他拎着酒瓶子甩上门,朝公寓楼的安全通道走去。
“展堂,点他!”
——黄杨和伍珩之也不完全是唐景铄口中把家住成办公室的卷王。上周五是正好赶上两人都各自有事才出现的特殊情况。
这个周三的晚上,他俩就待在客厅,对坐在棋盘两边手谈消遣,电视里放着经典的情景喜剧当背景音。

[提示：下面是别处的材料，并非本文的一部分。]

-- ===== src/Spooler/Threads/Thread.antt =====
-- One producer or consumer thread, a pthread call or a guarded access of the spool at a time.
use operating_systems_and_sy.Prelude.{
  ℕ, ◌≡◌, Bool, true, false, not, ◌&&◌, Option, none, some, List, [], ◌∷◌, ◌++◌,
}
use operating_systems_and_sy.Spooler.Ring.{
  Spool, spool_empty, spool_full, spool_insert_unchecked, spool_remove_unchecked,
}

-- PART2, PART3 and PART4 of the sources.
pub data Variant : Type 0 where
  safe one_cv two_cv : Variant

-- The condition variables `con_cv` and `pro_cv`.
pub data Cv : Type 0 where
  con pro : Cv

-- The spool with its lock and its flag. `inserted` and `removed` log the strings that went in and
-- out, in the order of the calls under the lock; the program does not keep them.
pub record Shared (A : Type 0) : Type 0 where
  pub spool : Spool A
  pub buf_lock : Option ℕ
  pub shutdown : Bool
  pub inserted : List A
  pub removed : List A

-- Where a thread stands. A producer carries the strings that it has still to insert.
pub data Pc (A : Type 0) : Type 0 where
  producing : List A → Pc A  -- head of the loop in `producer`
  ins_lock : A → List A → Pc A  -- before pthread_mutex_lock
  ins_test : A → List A → Pc A  -- at the test of `spool_full`, with the lock
  ins_retry : A → List A → Pc A  -- `spool_insert_safe`, full: before pthread_mutex_unlock
  ins_wake : A → List A → Pc A  -- full: before pthread_cond_signal
  ins_wait : A → List A → Pc A  -- before pthread_cond_wait
  ins_blocked : A → List A → Pc A  -- in pthread_cond_wait, without the lock
  ins_woken : A → List A → Pc A  -- in pthread_cond_wait, to take the lock again
  ins_signal : List A → Pc A  -- stored: before pthread_cond_signal
  ins_unlock : List A → Pc A  -- stored: before pthread_mutex_unlock
  consuming : Pc A  -- head of the loop in `consumer`
  rem_lock rem_test rem_retry rem_wake rem_wait rem_blocked rem_woken : Pc A
  rem_signal : Option A → Pc A  -- with the string that was taken, or NULL
  rem_unlock : Option A → Pc A
  finished : Pc A  -- the consumer got NULL and has returned
  absent : Pc A  -- no such thread

module _ {A : Type 0} where
  -- What follows a test that `spool_full` passes.
  abbrev pub on_full : Variant → A → List A → Pc A
  on_full safe a l = ins_retry a l
  on_full _ a l = ins_wake a l

  abbrev pub after_insert : Variant → List A → Pc A
  after_insert safe l = ins_unlock l
  after_insert _ l = ins_signal l

  abbrev pub on_empty : Variant → Pc A
  on_empty safe = rem_retry
  on_empty _ = rem_wake

  abbrev pub after_remove : Variant → Option A → Pc A
  after_remove safe r = rem_unlock r
  after_remove _ r = rem_signal r

  -- The test under which a removal does not go on.
  abbrev pub keeps_waiting : Variant → Shared A → Bool
  keeps_waiting safe m = spool_empty m.spool
  keeps_waiting _ m = spool_empty m.spool && not m.shutdown

  -- `while ((str = spool_remove(sp)))` in `consumer`
  abbrev pub after_str : Option A → Pc A
  after_str none = finished
  after_str (some a) = consuming

  abbrev pub log_removed : Option A → List A → List A
  log_removed none l = l
  log_removed (some a) l = l ++ a ∷ []

  unfoldable pub insert_step : Shared A → A → Shared A
  insert_step m a = record m {
    spool = (spool_insert_unchecked m.spool a).0;
    inserted = m.inserted ++ a ∷ [];
  }

  unfoldable pub remove_step : Shared A → Shared A
  remove_step m =
      let (sp, out) = spool_remove_unchecked m.spool in
      record m { spool = sp; removed = log_removed out m.removed }

  -- One step of thread `i`. The test of the loop and the call behind it are one step: both are made
  -- under `buf_lock`. Signals are steps of the whole system.
  pub data Move (v : Variant) (i : ℕ) (m : Shared A) : Pc A → Shared A → Pc A → Type 0 where
    call_insert : {a : A} {l : List A} → Move v i m (producing (a ∷ l)) m (ins_lock a l)
    ins_acquire :
        {a : A} {l : List A}
        → m.buf_lock ≡ none
        → Move v i m (ins_lock a l) (record m { buf_lock = some i }) (ins_test a l)
    ins_full :
        {a : A} {l : List A}
        → spool_full m.spool ≡ true
        → Move v i m (ins_test a l) m (on_full v a l)
    ins_store :
        {a : A} {l : List A}
        → spool_full m.spool ≡ false
        → Move v i m (ins_test a l) (insert_step m a) (after_insert v l)
    ins_give_up :
        {a : A} {l : List A}
        → Move v i m (ins_retry a l) (record m { buf_lock = none }) (ins_lock a l)
    ins_block :
        {a : A} {l : List A}
        → Move v i m (ins_wait a l) (record m { buf_lock = none }) (ins_blocked a l)
    ins_reacquire :
        {a : A} {l : List A}
        → m.buf_lock ≡ none
        → Move v i m (ins_woken a l) (record m { buf_lock = some i }) (ins_test a l)
    ins_release :
        {l : List A} → Move v i m (ins_unlock l) (record m { buf_lock = none }) (producing l)
    call_remove : Move v i m consuming m rem_lock
    rem_acquire : m.buf_lock ≡ none → Move v i m rem_lock (record m { buf_lock = some i }) rem_test
    rem_empty : keeps_waiting v m ≡ true → Move v i m rem_test m (on_empty v)
    rem_take :
        keeps_waiting v m ≡ false
        → Move v i m rem_test (remove_step m) (after_remove v (spool_remove_unchecked m.spool).1)
    rem_give_up : Move v i m rem_retry (record m { buf_lock = none }) rem_lock
    rem_block : Move v i m rem_wait (record m { buf_lock = none }) rem_blocked
    rem_reacquire :
        m.buf_lock ≡ none → Move v i m rem_woken (record m { buf_lock = some i }) rem_test
    rem_release :
        {r : Option A} → Move v i m (rem_unlock r) (record m { buf_lock = none }) (after_str r)
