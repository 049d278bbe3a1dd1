-- ===== src/Spooler/Driver.antt =====
-- The command line of Spooler/main.c and of main_killed.c, the threads that `run_threads` creates, and
-- the strings of producer.c.
pub mod Created
pub mod Killed
pub mod Delivered
mod Tests
use operating_systems_and_sy.Prelude.{
  ℕ, zero, suc, ◌+◌, ◌-◌, ◌^◌, ◌≡◌, Bool, true, false, ◌&&◌, Option, none, some, List, [], ◌∷◌,
  ◌++◌, ltb, leb, if◌then◌else◌,
}
use operating_systems_and_sy.CLib.{Text, codes}
use operating_systems_and_sy.CLib.Decimal.{decimal}
use operating_systems_and_sy.CLib.Atoi.{atoi}
use operating_systems_and_sy.Spooler.Threads.Thread.{Pc, producing, consuming, absent}

-- `main` prints its usage or a message, or calls `run_threads` with the numbers of producers, consumers,
-- strings and slots, each an `int` as a bit pattern.
pub data Driven : Type 0 where
  usage : Driven
  too_small : Driven
  runs : (nprods ncons nstrs nentries : ℕ) → Driven

-- `nentries < 2` on an `int`
unfoldable pub below_two : ℕ → Bool
below_two n = if ltb n (2 ^ 31) then ltb n 2 else true

unfoldable pub with_entries : Text → Text → Text → ℕ → Driven
with_entries p c n nentries =
    if below_two nentries then too_small else runs (atoi p) (atoi c) (atoi n) nentries

-- The arguments behind `argv[0]`.
unfoldable pub main : List Text → Driven
main [] = usage
main (p ∷ []) = usage
main (p ∷ c ∷ []) = usage
main (p ∷ c ∷ n ∷ []) = with_entries p c n 4
main (p ∷ c ∷ n ∷ e ∷ more) = with_entries p c n (atoi e)

-- How often a loop from 0 up to an `int` runs.
unfoldable pub rounds : ℕ → ℕ
rounds n = if ltb n (2 ^ 31) then n else 0

-- What `%d` writes for an `int`.
unfoldable pub print_id : ℕ → Text
print_id n = if ltb n (2 ^ 31) then decimal n else b'-' ∷ decimal (2 ^ 32 - n)

-- The strings of the producer `prod_id`, from the n-th on.
unfoldable pub strings_from : ℕ → ℕ → ℕ → List Text
strings_from prod_id n zero = []
strings_from prod_id n (suc left) =
    (codes "Prod " ++ (print_id prod_id ++ (codes " String " ++ print_id n)))
    ∷ strings_from prod_id (suc n) left

unfoldable pub producer : ℕ → ℕ → List Text
producer prod_id nstrs = strings_from prod_id 0 (rounds nstrs)

-- The threads by their `tid`: the producers first.
unfoldable pub run_threads : ℕ → ℕ → ℕ → ℕ → Pc Text
run_threads nprods ncons nstrs tid =
    if ltb tid (rounds nprods)
    then producing (producer tid nstrs)
    else if ltb tid (rounds nprods + rounds ncons)
    then consuming
    else absent
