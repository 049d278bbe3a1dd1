-- ===== src/Spooler/Threads/System.antt =====
-- The threads together: signals, the main thread of Spooler/main.c, and the reachable states.
pub use operating_systems_and_sy.Prelude.{update}
use operating_systems_and_sy.Prelude.{
  ℕ, ◌≡◌, ◌≢◌, Bool, true, false, Option, none, some, List, [], ◌∷◌,
}
use operating_systems_and_sy.Spooler.Ring.{spool_init_shared}
use operating_systems_and_sy.Spooler.Threads.Thread.{
  Variant, safe, two_cv, Cv, con, pro, Shared, Pc, producing, ins_lock, ins_test, ins_retry,
  ins_wake, ins_wait, ins_blocked, ins_woken, ins_signal, ins_unlock, consuming, rem_wake, rem_wait,
  rem_blocked, rem_woken, rem_signal, rem_unlock, absent, Move,
}

-- Where `run_threads` stands, once it has created the threads.
pub data Main : Type 0 where
  joining : Main  -- waits for the producers
  flagging : Main  -- `spool_shutdown_efficient`: before `sp->shutdown = true`
  broadcasting : Main  -- before pthread_cond_broadcast
  waiting : Main  -- waits for the consumers

-- The condition variable on which a producer waits for a free slot.
abbrev pub producers_cv : Variant → Cv
producers_cv two_cv = pro
producers_cv _ = con

module _ {A : Type 0} where
  -- The call of pthread_cond_signal that a thread is about to make, and where it stands after it.
  abbrev pub signals : Variant → Pc A → Option (Cv × Pc A)
  signals v (ins_wake a l) = some (con, ins_wait a l)
  signals v (ins_signal l) = some (con, ins_unlock l)
  signals v rem_wake = some (producers_cv v, rem_wait)
  signals v (rem_signal r) = some (producers_cv v, rem_unlock r)
  signals v _ = none

  abbrev pub blocked_on : Variant → Pc A → Option Cv
  blocked_on v (ins_blocked a l) = some (producers_cv v)
  blocked_on v rem_blocked = some con
  blocked_on v _ = none

  abbrev pub wake : Pc A → Pc A
  wake (ins_blocked a l) = ins_woken a l
  wake rem_blocked = rem_woken
  wake p = p

  -- pthread_cond_broadcast on `con_cv`
  abbrev pub wake_con : Variant → Pc A → Pc A
  wake_con two_cv (ins_blocked a l) = ins_blocked a l
  wake_con _ p = wake p

  -- The thread is a producer that has not returned.
  abbrev pub inserting : Pc A → Bool
  inserting (producing []) = false
  inserting (producing (a ∷ l)) = true
  inserting (ins_lock a l) = true
  inserting (ins_test a l) = true
  inserting (ins_retry a l) = true
  inserting (ins_wake a l) = true
  inserting (ins_wait a l) = true
  inserting (ins_blocked a l) = true
  inserting (ins_woken a l) = true
  inserting (ins_signal l) = true
  inserting (ins_unlock l) = true
  inserting _ = false

-- Thread `i` stands at `pc i`; an index with no thread is `absent`.
pub record System (A : Type 0) : Type 0 where
  pub mem : Shared A
  pub pc : ℕ → Pc A
  pub main : Main

module _ {A : Type 0} where
  -- `spool_shutdown` does nothing in part 2.
  pub data Step (v : Variant) (s : System A) : System A → Type 0 where
    move :
        (i : ℕ) {m : Shared A} {p : Pc A}
        → Move v i s.mem (s.pc i) m p
        → Step v s (record s { mem = m; pc = update s.pc i p })
    signal :
        (i j : ℕ) {c : Cv} {p : Pc A}
        → signals v (s.pc i) ≡ some (c, p)
        → blocked_on v (s.pc j) ≡ some c
        → Step v s (record s { pc = update (update s.pc i p) j (wake (s.pc j)) })
    signal_none :
        (i : ℕ) {c : Cv} {p : Pc A}
        → signals v (s.pc i) ≡ some (c, p)
        → ((j : ℕ) → blocked_on v (s.pc j) ≢ some c)
        → Step v s (record s { pc = update s.pc i p })
    joined :
        s.main ≡ joining
        → v ≢ safe
        → ((i : ℕ) → inserting (s.pc i) ≡ false)
        → Step v s (record s { main = flagging })
    set_flag :
        s.main ≡ flagging
        → Step v s (record s { mem = record (s.mem) { shutdown = true }; main = broadcasting })
    broadcast :
        s.main ≡ broadcasting
        → Step v s (record s { pc = λ j. wake_con v (s.pc j); main = waiting })

  -- pthread_cond_wait may also return with no signal.
  pub data Spurious (v : Variant) (s : System A) : System A → Type 0 where
    wake_up :
        (j : ℕ) {c : Cv}
        → blocked_on v (s.pc j) ≡ some c
        → Spurious v s (record s { pc = update s.pc j (wake (s.pc j)) })

  -- `run_threads`, with the threads created: each is a producer with its strings, or a consumer.
  abbrev pub IsInitial : Pc A → Type 0
  IsInitial (producing l) = Unit {0}
  IsInitial consuming = Unit {0}
  IsInitial absent = Unit {0}
  IsInitial _ = ⊥

  abbrev pub start : List A → ℕ → (ℕ → Pc A) → System A
  start storage size pc = record {
    mem = record {
      spool = spool_init_shared storage size;
      buf_lock = none;
      shutdown = false;
      inserted = [];
      removed = [];
    };
    pc = pc;
    main = joining;
  }

  pub data Reach (v : Variant) (s : System A) : System A → Type 0 where
    here : Reach v s s
    step : {t u : System A} → Reach v s t → Step v t u → Reach v s u
    spurious : {t u : System A} → Reach v s t → Spurious v t u → Reach v s u
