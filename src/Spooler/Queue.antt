-- ===== src/Spooler/Queue.antt =====
-- What a spooler promises, whatever the representation: a queue of at most `n` strings.
use operating_systems_and_sy.Prelude.{
  ℕ, Option, none, some, List, [], ◌∷◌, ◌++◌, length, ◌==◌, if◌then◌else◌,
}

module _ {ℓ} {A : Type ℓ} where
  -- Insertion into a full queue changes nothing.
  unfoldable pub insert : ℕ → List A → A → List A
  insert n q a = if length q == n then q else q ++ a ∷ []

  -- The oldest string, or `none` from an empty queue.
  unfoldable pub remove : List A → List A × Option A
  remove [] = ([], none)
  remove (a ∷ q) = (q, some a)
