-- ===== src/Spooler/Ring/Bounds.antt =====
-- The representation invariant of `spool_t`: indices inside the storage, no wrap of `size_t`.
use native.Mathlib.Nat.{mod-add-mod}
use operating_systems_and_sy.Prelude.{
  ℕ, ◌+◌, ◌-◌, ◌%◌, ◌^◌, ◌≤◌, ◌<◌, ◌≡◌, List, length, length-set, arith, false,
}
use operating_systems_and_sy.Spooler.Ring.{
  Spool, spool_init_shared, spool_full, spool_insert_unchecked, spool_remove_unchecked,
}

module _ {ℓ} {A : Type ℓ} where
  abbrev pub used : Spool A → ℕ
  used sp = sp.size - sp.capacity

  pub record IsValid (sp : Spool A) : Type 0 where
    pub some_room : 0 < sp.size
    pub small : sp.size < 2 ^ 63
    pub storage : sp.size ≤ length sp.elements
    pub free_in : sp.capacity ≤ sp.size
    pub read_in : sp.read_index < sp.size
    pub write_at : sp.write_index ≡ (sp.read_index + used sp) % sp.size

  pub init-IsValid :
      (s : List A) (n : ℕ) → 0 < n → n < 2 ^ 63 → n ≤ length s → IsValid (spool_init_shared s n)
  unfolding spool_init_shared
  init-IsValid s n pos small room = grind arith

  pub insert-IsValid :
      (sp : Spool A) (a : A)
      → IsValid sp
      → spool_full sp ≡ false
      → IsValid (spool_insert_unchecked sp a).0
  unfolding spool_insert_unchecked
  insert-IsValid sp a v h = ground (
    arith,
    length-set sp.elements sp.write_index a,
    mod-add-mod (sp.read_index + used sp) sp.size 1,
  )

  pub remove-IsValid : (sp : Spool A) → IsValid sp → IsValid (spool_remove_unchecked sp).0
  unfolding spool_remove_unchecked
  remove-IsValid sp v =
      ground (arith, mod-add-mod (sp.read_index + 1) sp.size (sp.size - sp.capacity - 1))
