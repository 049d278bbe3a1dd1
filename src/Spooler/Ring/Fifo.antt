-- ===== src/Spooler/Ring/Fifo.antt =====
-- A valid ring holds a queue: its strings from `read_index` on.
use native.Mathlib.Nat.{mod-add-mod, mod-eq_of_lt, mod-eq-sub-mod, mod-lt}
use operating_systems_and_sy.Prelude.{
  ℕ, suc, ◌+◌, ◌-◌, ◌%◌, ◌^◌, ◌≤◌, ◌<◌, ◌≡◌, refl, ap, ◌∙◌, ◌≢◌, List, [], ◌∷◌, ◌++◌, length, arith,
  false, Option, none, some, get_elem?, get_elem?-set_self, get_elem?-set_ne, set, dec_lt, ◌==◌,
  Bool-cases, inl, inr, length-append, sym,
}
use operating_systems_and_sy.Spooler.Queue
use operating_systems_and_sy.Spooler.Ring.{
  Spool, spool_init_shared, store_item, spool_empty, spool_full, spool_insert_unchecked,
  spool_remove_unchecked, spool_insert_unsafe, spool_remove_unsafe,
}
use operating_systems_and_sy.Spooler.Ring.Bounds.{
  used, IsValid, init-IsValid, insert-IsValid, remove-IsValid,
}

-- Fewer than `n` steps round the ring do not come back to the start.
pub round_ne : (n i k : ℕ) → i < n → suc k < n → (i + suc k) % n ≢ i
round_ne n i k hi hk = elim (dec_lt (i + suc k) n) [
  | yes p ↦ omega (arith, mod-eq_of_lt p)
  | no p ↦ omega (
    arith,
    mod-eq-sub-mod {n = i + suc k} {m = n} (omega arith),
    mod-eq_of_lt {n = i + suc k - n} {m = n} (omega arith),
  )
]

-- One slot on: the index, and one string fewer.
shift : (n i k j : ℕ) → j ≡ (i + suc k) % n → j ≡ ((i + 1) % n + k) % n
shift n i k j e = let same : i + suc k ≡ i + 1 + k = omega arith in rw (mod-add-mod, ← same) e

module _ {ℓ} {A : Type ℓ} where
  -- `q` stands in the slots of `elements` from index `i` on, going round at `n`.
  pub data Holds (elements : List A) (n : ℕ) : ℕ → List A → Type ℓ where
    empty : {i : ℕ} → Holds elements n i []
    slot :
        {i : ℕ} {a : A} {q : List A}
        → get_elem? elements i ≡ some a
        → Holds elements n ((i + 1) % n) q
        → Holds elements n i (a ∷ q)

  -- The ring `sp` represents the queue `q`.
  pub record Represents (sp : Spool A) (q : List A) : Type ℓ where
    pub valid : IsValid sp
    pub count : length q ≡ used sp
    pub held : Holds sp.elements sp.size sp.read_index q

  -- A spool just initialised, on enough storage, holds no string.
  pub init-Represents :
      (s : List A) (n : ℕ)
      → 0 < n
      → n < 2 ^ 63
      → n ≤ length s
      → Represents (spool_init_shared s n) []
  unfolding spool_init_shared
  init-Represents s n pos small room = record {
    valid = init-IsValid s n pos small room;
    count = omega arith;
    held = empty;
  }

  -- A write just past the held slots extends them by the written string.
  Holds-set :
      (xs : List A) (n i j : ℕ) (a : A) {q : List A}
      → n ≤ length xs
      → i < n
      → length q < n
      → j ≡ (i + length q) % n
      → Holds xs n i q
      → Holds (set xs j a) n i (q ++ a ∷ [])
  Holds-set xs n i j a room hi hq e empty =
      let at : j ≡ i = omega (arith, mod-eq_of_lt {n = i + 0} {m = n} (omega arith)) in
      rw at (slot (get_elem?-set_self xs i a (omega arith)) empty)
  Holds-set xs n i j a room hi hq e (slot {q = q} here rest) =
      slot (get_elem?-set_ne xs a (λ same. round_ne n i (length q) hi hq (sym e ∙ same)) ∙ here) (
        Holds-set xs n ((i + 1) % n) j a room (mod-lt (i + 1) (omega arith)) (omega arith)
          (shift n i (length q) j e) rest)

  length-snoc : (q : List A) (a : A) → length (q ++ a ∷ []) ≡ length q + 1
  length-snoc q a = length-append q (a ∷ [])

  -- With a free slot, insertion stores the string and frees nothing.
  pub insert_room :
      (sp : Spool A) (a : A)
      → IsValid sp
      → spool_full sp ≡ false
      → spool_insert_unchecked sp a
        ≡ (store_item (record sp { capacity = sp.capacity - 1 }) a, none)
  unfolding spool_insert_unchecked
  insert_room sp a v h = ground arith

  remove_some :
      (sp : Spool A)
      → IsValid sp
      → spool_empty sp ≡ false
      → spool_remove_unchecked sp ≡ (
        record sp { capacity = sp.capacity + 1; read_index = (sp.read_index + 1) % sp.size },
        get_elem? sp.elements sp.read_index,
      )
  unfolding spool_remove_unchecked
  remove_some sp v h =
      let no_wrap : (sp.capacity + 1) % 2 ^ 64 ≡ sp.capacity + 1 = omega arith in
      let no_wrap' : (sp.read_index + 1) % 2 ^ 64 ≡ sp.read_index + 1 = omega arith in
      rw (h, no_wrap, no_wrap')

  Holds-cons :
      {xs : List A} {n i : ℕ} {a : A} {q : List A}
      → Holds xs n i (a ∷ q)
      → (get_elem? xs i ≡ some a) × Holds xs n ((i + 1) % n) q
  Holds-cons (slot here rest) = (here, rest)

  insert_held :
      {sp : Spool A} {q : List A} (a : A)
      → Represents sp q
      → spool_full sp ≡ false
      → Holds (set sp.elements sp.write_index a) sp.size sp.read_index (q ++ a ∷ [])
  unfolding spool_full
  insert_held {sp} {q} a r h =
      Holds-set sp.elements sp.size sp.read_index sp.write_index a v.storage v.read_in
        (ground arith) (rw r.count v.write_at) r.held
    where
      v : IsValid sp
      v = r.valid

  -- `spool_insert_unchecked` with a free slot adds the string at the end of the queue.
  pub insert-Represents :
      {sp : Spool A} {q : List A} (a : A)
      → Represents sp q
      → spool_full sp ≡ false
      → Represents (spool_insert_unchecked sp a).0 (q ++ a ∷ [])
  insert-Represents {sp} {q} a r h = record {
    valid = insert-IsValid sp a r.valid h;
    count =
        rw (insert_room sp a r.valid h)
          (unfold spool_full in ground (arith, length-snoc q a, r.count));
    held = rw (insert_room sp a r.valid h) (insert_held a r h);
  }

  pub not_empty :
      {sp : Spool A} {q : List A} {a : A} → Represents sp (a ∷ q) → spool_empty sp ≡ false
  unfolding spool_empty
  not_empty r = ground arith

  -- `spool_remove_unchecked` takes the first string of the queue.
  pub remove-Represents :
      {sp : Spool A} {q : List A} {a : A}
      → Represents sp (a ∷ q)
      → ((spool_remove_unchecked sp).1 ≡ some a) × Represents (spool_remove_unchecked sp).0 q
  remove-Represents {sp} {q} {a} r =
      let step = remove_some sp r.valid (not_empty r) in
      let (first, rest) = Holds-cons r.held in
      (
        rw step first,
        record {
          valid = remove-IsValid sp r.valid;
          count = rw step (omega arith);
          held = rw step rest;
        },
      )

  -- From a valid ring with no string, nothing is removed and nothing changes.
  pub remove_none : {sp : Spool A} → Represents sp [] → spool_remove_unchecked sp ≡ (sp, none)
  unfolding spool_remove_unchecked
  remove_none r = ground arith

  pub Represents-full :
      {sp : Spool A} {q : List A} → Represents sp q → spool_full sp ≡ (length q == sp.size)
  unfolding spool_full
  Represents-full r = ground arith

  pub Represents-empty :
      {sp : Spool A} {q : List A} → Represents sp q → spool_empty sp ≡ (length q == 0)
  unfolding spool_empty
  Represents-empty r = ground arith

  -- On a ring that represents a queue, `spool_insert_unsafe` is the insertion of the queue of at most
  -- `size` strings, which leaves a full queue as it is, and it frees no string.
  pub insert_unsafe_refines :
      {sp : Spool A} {q : List A} (a : A)
      → Represents sp q
      → Represents (spool_insert_unsafe sp a).0 (Queue.insert sp.size q a)
        × ((spool_insert_unsafe sp a).1 ≡ none)
  unfolding spool_insert_unsafe Queue.insert
  insert_unsafe_refines {sp} {q} a r = elim (Bool-cases (spool_full sp)) [
    | inl full ↦ let e = sym (Represents-full r) ∙ full in rw (full, e) (r, refl)
    | inr room ↦
        let e = sym (Represents-full r) ∙ room in
        rw (room, e)
          (
            insert-Represents a r room,
            ap (λ (p : Spool A × Option A). p.1) (insert_room sp a r.valid room),
          )
  ]

  -- On a ring that represents a queue, `spool_remove_unsafe` returns the oldest string and leaves a
  -- ring that represents the others; of an empty queue it returns NULL and changes nothing in the queue.
  pub remove_unsafe_refines :
      {sp : Spool A} {q : List A}
      → Represents sp q
      → Represents (spool_remove_unsafe sp).0 (Queue.remove q).0
        × ((spool_remove_unsafe sp).1 ≡ (Queue.remove q).1)
  unfolding spool_remove_unsafe Queue.remove
  remove_unsafe_refines {sp} {q = []} r = rw (Represents-empty r) (r, refl)
  remove_unsafe_refines {sp} {q = a ∷ q} r =
      rw (not_empty r) (let (out, rest) = remove-Represents r in (rest, out))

黄杨并没有专门学过围棋,她仅仅是知道一些基础规则,于是这盘棋变成了半教学半娱乐。
她拿着黑子问东问西,伍珩之一点儿不见烦躁,站在她的角度一步步讲解如何赢自己。
“欸~”黄杨问了一圈,终于选定满意的位置,手心里都攥热了的棋子落在右上星位。
伍珩之眉头微动,笑:“倒是敢抢。”
白子利索落下,已经确定思路的黄杨一点儿不墨迹,黑子跟上。
嗡——
啧,这谁?
杀意凛然的黄杨不满这来电震动,从口袋里掏手机的动作都带着两分薄怒。
居然是李智宇的国内手机号。
之前回国,她在机场候机的时候只拉黑了他的英国号码,漏掉了这个+86的。
接不接?
黄杨的拇指移向红色的挂断图标。
“谁呀?”
听伍珩之问,她动作更利索了,挂断后如实道:“李智宇。我把他英国的号拉黑了,这人又用国内的SIM卡给我打。”
嗡——
又来了。
黄杨想都不想,就要挂断拉黑,然而伍珩之却说:“接起来听听吧。万一是什么急事呢?比如被绑票之类的。”
“绑票找他妈呀,我又不可能给钱。”黄杨随口反驳,突然想到什么,笑了,“咦?这盘我是不是要赢了?你为了拖延时间让我接电话?”
“不,我只是很讨厌他。”比起黄杨的玩笑,伍珩之回答得非常认真,“你要是直接把他拉黑,我就会纠结很久,他这次打电话找你到底是为了什么事。”
黄杨不以为然:“抽风呗。田家被查,他大概率已经分手。无聊又空虚,装深情来骚扰我。”
“……”伍珩之的右手在棋盒内缓缓把玩棋子。
片刻后,在手机的持续震动声中,他坚持道:“你还是接吧。我需要一个确定的答案。”
“Dr. Wu,你这算职业病吧?这种小事也要追根究底?”黄杨歪着脑袋,笑问一句,接通电话,“喂。”
三秒后,她脸上的笑容倏然消失。
又听那边说了几句,她举着手机面色凝重地快步向书房走去。
很快,她一边温声应付电话那头的李智宇,一边把写了字的便利贴递到伍珩之眼前:
【人喝醉了
说要跳楼
在XXXX街47号天台上
报警】
伍珩之眉心一跳,立即拿起电话。